POINT OF VIEW

Defending our working moms during COVID-19 and beyond

Posted

I recently read a New York Times article about the challenges of being a working mom during this pandemic. As a new mom with a 7-month-old baby, I find myself in constant negotiation with work, child care, and taking care of my elderly grandparents.

Because I’m breastfeeding, our family is able to save money on hard-to-find formula. And because our day care center is closed, we’re also able to save on child care.

Just like everyone else, we are trying to save money where we can, given the uncertainty. However, the emotional toll of round-the-clock child care, not to mention the onset of chronic pains common for parents, and the general anxiety of life under a pandemic is too costly in other invisible ways. Working moms need a hand now more than ever.

I recognize that I am one of the luckier ones. But domestic workers, nail techs, hair salon workers and retail workers across our borough already were struggling to get by before COVID-19. Low wages, a lack of health care, and struggling to pay for and find reliable, trusted child care are all measures of how we have been failing moms.

Imagine the struggle of a mom who just lost her job trying to get through to a dysfunctional unemployment system, while trying to make sense of their child’s homework assignments. Imagine that pressure if she isn’t a native English speaker, or isn’t a math whiz (I honestly can’t make sense of 90 percent of my middle school sibling’s math problems).
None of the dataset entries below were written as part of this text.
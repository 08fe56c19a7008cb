-- ===== src/Base/Float.antt =====
-- A float64 by its 64 bits: the comparisons of IEEE 754, in which a NaN compares with nothing and the
-- two zeros are equal.
use Prim.Native.Nat.{ℕ, zero, suc, ◌%◌, ◌^◌}
use mathlib.Core.Bool.{Bool, ◌&&◌, not}
use opensource_project_intel.Base.Tests.{ltb, nat_beq, if◌then◌else◌}
use opensource_project_intel.Base.Int.{ℤ, pos, negsuc, ltb_ℤ, int_beq}

abbrev pub infinity : ℕ
infinity = 0x7FF0_0000_0000_0000

abbrev pub magnitude : ℕ → ℕ
magnitude bits = bits % 2 ^ 63

-- `math.IsNaN` and `math.IsInf(x, 0)`.
unfoldable pub is_nan : ℕ → Bool
is_nan bits = ltb infinity (magnitude bits)

unfoldable pub is_inf : ℕ → Bool
is_inf bits = nat_beq (magnitude bits) infinity

abbrev pub opposite : ℕ → ℤ
opposite zero = pos 0
opposite (suc n) = negsuc n

-- An integer in the order of the floats.
unfoldable pub order_key : ℕ → ℤ
order_key bits = if ltb bits (2 ^ 63) then pos bits else opposite (magnitude bits)

unfoldable pub float_lt : ℕ → ℕ → Bool
unfolding is_nan order_key
float_lt x y = not (is_nan x) && not (is_nan y) && ltb_ℤ (order_key x) (order_key y)

unfoldable pub float_eq : ℕ → ℕ → Bool
unfolding is_nan order_key
float_eq x y = not (is_nan x) && not (is_nan y) && int_beq (order_key x) (order_key y)
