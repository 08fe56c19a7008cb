-- ===== src/Alert.antt =====
-- Alert rules, their deduplicated occurrences and the members' read state: internal/alert/alert.go.
-- A float64 is its 64 bits, an instant and a duration are nanoseconds, and an int is an integer whose
-- increment is wrapped to 64 bits. `other` is any string that is none of a type's constants.
pub mod Evaluation
pub mod Changes
mod Examples
use native.Mathlib.Decide.{ℕ_discrete}
use opensource_project_intel.Base.{
  ℕ, ◌^◌, Bool, true, false, ◌&&◌, ◌||◌, not, Option, none, some, List, [], ◌∷◌, ◌++◌,
  if◌then◌else◌, Eq, ◌==◌, eq_of_discrete,
}
use opensource_project_intel.Base.Float.{is_nan, is_inf, float_lt, float_eq}
use opensource_project_intel.Base.Int.{
  ℤ, pos, negsuc, ◌-ℤ◌, ltb_ℤ, leb_ℤ, nonpositive, inc64, int_eq, max_int64,
}
use opensource_project_intel.Base.Lists.{contains}
use opensource_project_intel.Base.Result.{Result, ok, err, fail_if, is_ok, ◌>>=◌, ◌>>◌}
use opensource_project_intel.Base.Text.{Text, codes, text_eq, is_blank, trim_space}
use opensource_project_intel.Access
use opensource_project_intel.Access.{Principal, authorize, project_write, intelligence_read}

pub data Error : Type 0 where
  invalid : Error
  access : Access.Error → Error

pub record Limits : Type 0 where
  pub rules : ℤ
  pub occurrences : ℤ

abbrev pub default_limits : Limits
default_limits = record { rules = pos 500; occurrences = pos 10_000 }

unfoldable pub validate_volume : Limits → ℤ → ℤ → Result Error (Unit {0})
validate_volume l rule_count occurrence_count =
    fail_if
      (nonpositive l.rules
        || nonpositive l.occurrences
        || ltb_ℤ rule_count (pos 0)
        || ltb_ℤ occurrence_count (pos 0)
        || ltb_ℤ l.rules rule_count
        || ltb_ℤ l.occurrences occurrence_count)
      invalid

pub data Severity : Type 0 where
  info warning critical : Severity
  other_severity : Text → Severity

pub data State : Type 0 where
  open_state acknowledged resolved dismissed : State
  other_state : Text → State

pub data Operator : Type 0 where
  greater_than less_than equal : Operator
  other_operator : Text → Operator

unfoldable pub State-discrete : Discrete State
State-discrete = hlevel ℕ_discrete

instance abbrev pub State_eq : Eq State
State_eq = eq_of_discrete State-discrete

-- The keys of `knownSignals`.
abbrev pub known_signals : List Text
known_signals =
    codes "metric.release_frequency"
    ∷ codes "metric.active_contributors"
    ∷ codes "metric.median_issue_first_response"
    ∷ codes "metric.median_pr_merge_time"
    ∷ codes "trend.increase"
    ∷ codes "trend.decrease"
    ∷ codes "forecast.warning"
    ∷ codes "recommendation.not_recommended"
    ∷ codes "recommendation.conditional"
    ∷ []

pub record Rule : Type 0 where
  pub id : ℤ
  pub version : ℤ
  pub name : Text
  pub signal : Text
  pub operator : Operator
  pub threshold : ℕ
  pub scope : Text
  pub project_id : ℤ
  pub severity : Severity
  pub cooldown : ℤ
  pub deduplication : ℤ
  pub enabled : Bool
  pub created_by : ℤ
  pub updated_at : ℤ

abbrev pub known_operator : Operator → Bool
known_operator (other_operator _) = false
known_operator _ = true

abbrev pub known_severity : Severity → Bool
known_severity (other_severity _) = false
known_severity _ = true

-- `365*24*time.Hour`.
abbrev pub longest_deduplication : ℤ
longest_deduplication = pos 31_536_000_000_000_000

unfoldable pub validate_rule : Rule → Result Error (Unit {0})
unfolding is_nan is_inf
validate_rule r =
    fail_if
      (nonpositive r.version
        || is_blank r.name
        || not (contains known_signals r.signal)
        || not (known_operator r.operator)
        || is_nan r.threshold
        || is_inf r.threshold
        || (not (r.scope == codes "workspace") && not (r.scope == codes "project"))
        || (r.scope == codes "project" && nonpositive r.project_id)
        || not (known_severity r.severity)
        || ltb_ℤ r.cooldown (pos 0)
        || nonpositive r.deduplication
        || ltb_ℤ longest_deduplication r.deduplication)
      invalid

pub record Fact : Type 0 where
  pub project_id : ℤ
  pub signal : Text
  pub version : Text
  pub value : Option ℕ
  pub evidence_id : ℤ
  pub window_from : ℤ
  pub window_to : ℤ
  pub detected_at : ℤ
  pub complete : Bool
  pub archived : Bool

pub record Occurrence : Type 0 where
  pub id : ℤ
  pub rule_id : ℤ
  pub rule_version : ℤ
  pub project_id : ℤ
  pub signal_version : Text
  pub severity : Severity
  pub state : State
  pub window_from : ℤ
  pub window_to : ℤ
  pub evidence_ids : List ℤ
  pub first_detected_at : ℤ
  pub last_detected_at : ℤ
  pub suppression_count : ℤ
  pub transition_reason : Text
  pub transitioned_by : ℤ
  pub revision : ℤ

unfoldable pub matches : ℕ → Operator → ℕ → Bool
unfolding float_lt float_eq
matches value greater_than threshold = float_lt threshold value
matches value less_than threshold = float_lt value threshold
matches value equal threshold = float_eq value threshold
matches value (other_operator _) threshold = false

-- `t.Sub(u)`, which stops at the bounds of a Duration.
unfoldable pub sub_time : ℤ → ℤ → ℤ
unfolding ◌-ℤ◌
sub_time t u =
    let d = t -ℤ u in
    if ltb_ℤ (pos max_int64) d
    then pos max_int64
    else if ltb_ℤ d (negsuc max_int64)
    then negsuc max_int64
    else d

-- `fact.Value == nil || … || !matches(*fact.Value, …)`, negated.
abbrev pub fires : Option ℕ → Rule → Bool
fires none rule = false
fires (some value) rule = matches value rule.operator rule.threshold

-- The fact is malformed or is another rule's: `Evaluate` returns an error.
unfoldable pub unfit : Rule → Fact → Bool
unfolding validate_rule
unfit rule fact =
    not (is_ok (validate_rule rule))
    || nonpositive fact.project_id
    || not (fact.signal == rule.signal)
    || fact.detected_at == pos 0
    || not (ltb_ℤ fact.window_from fact.window_to)

-- The fact makes an alert.
unfoldable pub alarming : Rule → Fact → Bool
unfolding matches
alarming rule fact =
    rule.enabled
    && not fact.archived
    && fact.complete
    && not (nonpositive fact.evidence_id)
    && fires fact.value rule

-- The fact falls into the deduplication window of the occurrence.
unfoldable pub duplicates : Rule → Fact → Occurrence → Bool
unfolding sub_time
duplicates rule fact o =
    o.rule_id == rule.id
    && o.rule_version == rule.version
    && o.project_id == fact.project_id
    && leb_ℤ (sub_time fact.detected_at o.first_detected_at) rule.deduplication

-- The copy with the fact counted in.
unfoldable pub suppress : Fact → Occurrence → Occurrence
unfolding inc64
suppress fact o = record o {
  last_detected_at = fact.detected_at;
  suppression_count = inc64 o.suppression_count;
  revision = inc64 o.revision;
  evidence_ids =
      if not (nonpositive fact.evidence_id) && not (contains o.evidence_ids fact.evidence_id)
      then o.evidence_ids ++ fact.evidence_id ∷ []
      else o.evidence_ids;
}

unfoldable pub opened : Rule → Fact → Occurrence
opened rule fact = record {
  id = pos 0;
  rule_id = rule.id;
  rule_version = rule.version;
  project_id = fact.project_id;
  signal_version = fact.version;
  severity = rule.severity;
  state = open_state;
  window_from = fact.window_from;
  window_to = fact.window_to;
  evidence_ids = fact.evidence_id ∷ [];
  first_detected_at = fact.detected_at;
  last_detected_at = fact.detected_at;
  suppression_count = pos 0;
  transition_reason = [];
  transitioned_by = pos 0;
  revision = pos 1;
}

unfoldable pub merge : Rule → Fact → Option Occurrence → Occurrence
unfolding duplicates suppress opened
merge rule fact none = opened rule fact
merge rule fact (some o) = if duplicates rule fact o then suppress fact o else opened rule fact

unfoldable pub evaluate : Rule → Fact → Option Occurrence → Result Error (Option Occurrence)
unfolding unfit alarming merge
evaluate rule fact existing =
    if unfit rule fact
    then err invalid
    else if not (alarming rule fact)
    then ok existing
    else ok (some (merge rule fact existing))

unfoldable pub allowed_transition : State → State → Bool
allowed_transition open_state to = to == acknowledged || to == resolved || to == dismissed
allowed_transition acknowledged to = to == open_state || to == resolved || to == dismissed
allowed_transition resolved to = to == open_state
allowed_transition dismissed to = to == open_state
allowed_transition (other_state _) to = false

abbrev pub in_access : {A : Type 0} → Result Access.Error A → Result Error A
in_access (ok a) = ok a
in_access (err e) = err (access e)

unfoldable pub transition : Principal → Occurrence → State → Text → ℤ → Result Error Occurrence
unfolding allowed_transition inc64
transition principal o to reason expected_revision =
    in_access (authorize principal project_write)
    >> fail_if (not (o.revision == expected_revision)) (access Access.version_conflict)
    >> fail_if (is_blank reason || not (allowed_transition o.state to)) invalid
    >> ok (record o {
      state = to;
      transition_reason = trim_space reason;
      transitioned_by = principal.actor_id;
      revision = inc64 o.revision;
    })

pub record MemberState : Type 0 where
  pub occurrence_id : ℤ
  pub member_id : ℤ
  pub read_at : Option ℤ

unfoldable pub mark_read : Principal → ℤ → ℤ → Result Error MemberState
mark_read principal occurrence_id at =
    in_access (authorize principal intelligence_read)
    >> fail_if (nonpositive occurrence_id || at == pos 0) invalid
    >> ok (record {
      occurrence_id = occurrence_id;
      member_id = principal.actor_id;
      read_at = some at;
    })
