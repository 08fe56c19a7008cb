-- ===== src/Alert/Changes.antt =====
-- The changes that members make to occurrences: `Transition` and `MarkRead` of
-- internal/alert/alert.go.
use opensource_project_intel.Base.{
  ◌≡◌, refl, sym, ◌∙◌, ap, ◌↔◌, Bool, true, false, ◌||◌, not, ◌==◌, arith,
}
use opensource_project_intel.Base.Int.{ℤ, inc64, int_eq, int_beq_iff}
use opensource_project_intel.Base.Result.{Result, ok, err, ◌>>◌, fail_if}
use opensource_project_intel.Base.Text.{Text, is_blank, trim_space}
use opensource_project_intel.Access
use opensource_project_intel.Access.{Principal, authorize, project_write}
use opensource_project_intel.Alert.{
  Error, State, open_state, acknowledged, resolved, dismissed, other_state, Occurrence,
  allowed_transition, transition, State-discrete, in_access,
}

-- The changes of state: an occurrence is acknowledged, resolved or dismissed, and any of these is
-- opened again; what is acknowledged is also resolved or dismissed.
pub data Change : State → State → Type 0 where
  acknowledges : Change open_state acknowledged
  resolves : Change open_state resolved
  dismisses : Change open_state dismissed
  reopens : Change acknowledged open_state
  resolves_later : Change acknowledged resolved
  dismisses_later : Change acknowledged dismissed
  reopens_resolved : Change resolved open_state
  reopens_dismissed : Change dismissed open_state

allowed_transition-Change : (from to : State) → allowed_transition from to ≡ true → Change from to
unfolding allowed_transition State-discrete
allowed_transition-Change open_state acknowledged h = acknowledges
allowed_transition-Change open_state resolved h = resolves
allowed_transition-Change open_state dismissed h = dismisses
allowed_transition-Change open_state open_state h = cc
allowed_transition-Change open_state (other_state _) h = cc
allowed_transition-Change acknowledged open_state h = reopens
allowed_transition-Change acknowledged resolved h = resolves_later
allowed_transition-Change acknowledged dismissed h = dismisses_later
allowed_transition-Change acknowledged acknowledged h = cc
allowed_transition-Change acknowledged (other_state _) h = cc
allowed_transition-Change resolved open_state h = reopens_resolved
allowed_transition-Change resolved acknowledged h = cc
allowed_transition-Change resolved resolved h = cc
allowed_transition-Change resolved dismissed h = cc
allowed_transition-Change resolved (other_state _) h = cc
allowed_transition-Change dismissed open_state h = reopens_dismissed
allowed_transition-Change dismissed acknowledged h = cc
allowed_transition-Change dismissed resolved h = cc
allowed_transition-Change dismissed dismissed h = cc
allowed_transition-Change dismissed (other_state _) h = cc
allowed_transition-Change (other_state _) to h = cc

Change-allowed : {from to : State} → Change from to → allowed_transition from to ≡ true
unfolding allowed_transition State-discrete
Change-allowed acknowledges = refl
Change-allowed resolves = refl
Change-allowed dismisses = refl
Change-allowed reopens = refl
Change-allowed resolves_later = refl
Change-allowed dismisses_later = refl
Change-allowed reopens_resolved = refl
Change-allowed reopens_dismissed = refl

-- A call that is authorized and passes two checks.
guarded-ok :
    {A : Type 0} (r : Result Access.Error (Unit {0})) (b c : Bool) (e f : Error) {x y : A}
    → (in_access r >> fail_if b e >> fail_if c f >> ok x) ≡ ok y
    → (r ≡ ok tt) × (b ≡ false) × (c ≡ false) × (y ≡ x)
guarded-ok (ok _) false false e f h = (refl, refl, refl, cc)
guarded-ok (ok _) false true e f h = cc
guarded-ok (ok _) true c e f h = cc
guarded-ok (err _) b c e f h = cc

passes-guards :
    {A : Type 0} (r : Result Access.Error (Unit {0})) (b c : Bool) (e f : Error) {x : A}
    → r ≡ ok tt
    → b ≡ false
    → c ≡ false
    → (in_access r >> fail_if b e >> fail_if c f >> ok x) ≡ ok x
passes-guards (ok _) false false e f p q s = refl
passes-guards (ok _) false true e f p q s = cc
passes-guards (ok _) true c e f p q s = cc
passes-guards (err _) b c e f p q s = cc

-- `Transition` returns the changed occurrence exactly when the principal may write projects, the
-- revision is the expected one, the reason is not blank and the state may change so; then it has
-- the new state, the trimmed reason, the principal and the next revision, and is otherwise as it
-- was.
pub alert_transition_iff :
    (principal : Principal) (o : Occurrence) (to : State) (reason : Text) (revision : ℤ)
    (after : Occurrence)
    → (transition principal o to reason revision ≡ ok after) ↔ (
        (authorize principal project_write ≡ ok tt)
        × (o.revision ≡ revision)
        × (is_blank reason ≡ false)
        × Change o.state to
        × (after ≡ record o {
          state = to;
          transition_reason = trim_space reason;
          transitioned_by = principal.actor_id;
          revision = inc64 o.revision;
        }))
unfolding transition
alert_transition_iff principal o to reason revision after =
    let stale = not (o.revision == revision) in
    let refused = is_blank reason || not (allowed_transition o.state to) in
    (
      λ h.
          let (authorized, fresh, sound, same) =
            guarded-ok (authorize principal project_write) stale refused _ _ h in
          let current : o.revision ≡ revision = ground (arith, int_beq_iff o.revision revision) in
          let allowed : allowed_transition o.state to ≡ true = ground arith in
          (authorized, current, ground arith, allowed_transition-Change o.state to allowed, same),
      λ (authorized, current, said, change, same).
          let fresh : stale ≡ false = ground (arith, int_beq_iff o.revision revision) in
          let sound : refused ≡ false = ground (arith, Change-allowed change) in
          passes-guards (authorize principal project_write) stale refused _ _ authorized fresh sound
          ∙ ap ok (sym same),
    )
Education has always been seen as a pathway out of poverty. But without in-person support for students with a wide spectrum of needs, the pressure to support our students is on the shoulders of already heavily burdened parents without many resources to set them up for success.

Almost half of renters within Community Board 8 live in severely rent-burdened, low-income housing. Only about half of our fourth-graders are performing at grade-level in English language arts and math. Taken together, these are major stressors for moms who want to make sure their kids have better lives than they did, but who don’t have the help they need to make that happen.

Imagine if you are undocumented and don’t qualify for federal stimulus relief. With the U.S. Supreme Court set to rule on Deferred Action for Childhood Arrivals any day now, this means the additional stress and uncertainty of being able to keep your family together, or being placed on a fast track to deportation.

If there is anything we can take away from this crisis, we need health care for all now more than ever. We need meaningful relief for mixed-status families from our federal and state government. And working moms need guaranteed paid family leave and high-quality universal child care.

We also need quality, government-funded post-partum care for new moms. While there’s a lot of budget cutting going on in Albany and New York City, we cannot afford to lose life-saving help for moms administered by trusted community-based organizations.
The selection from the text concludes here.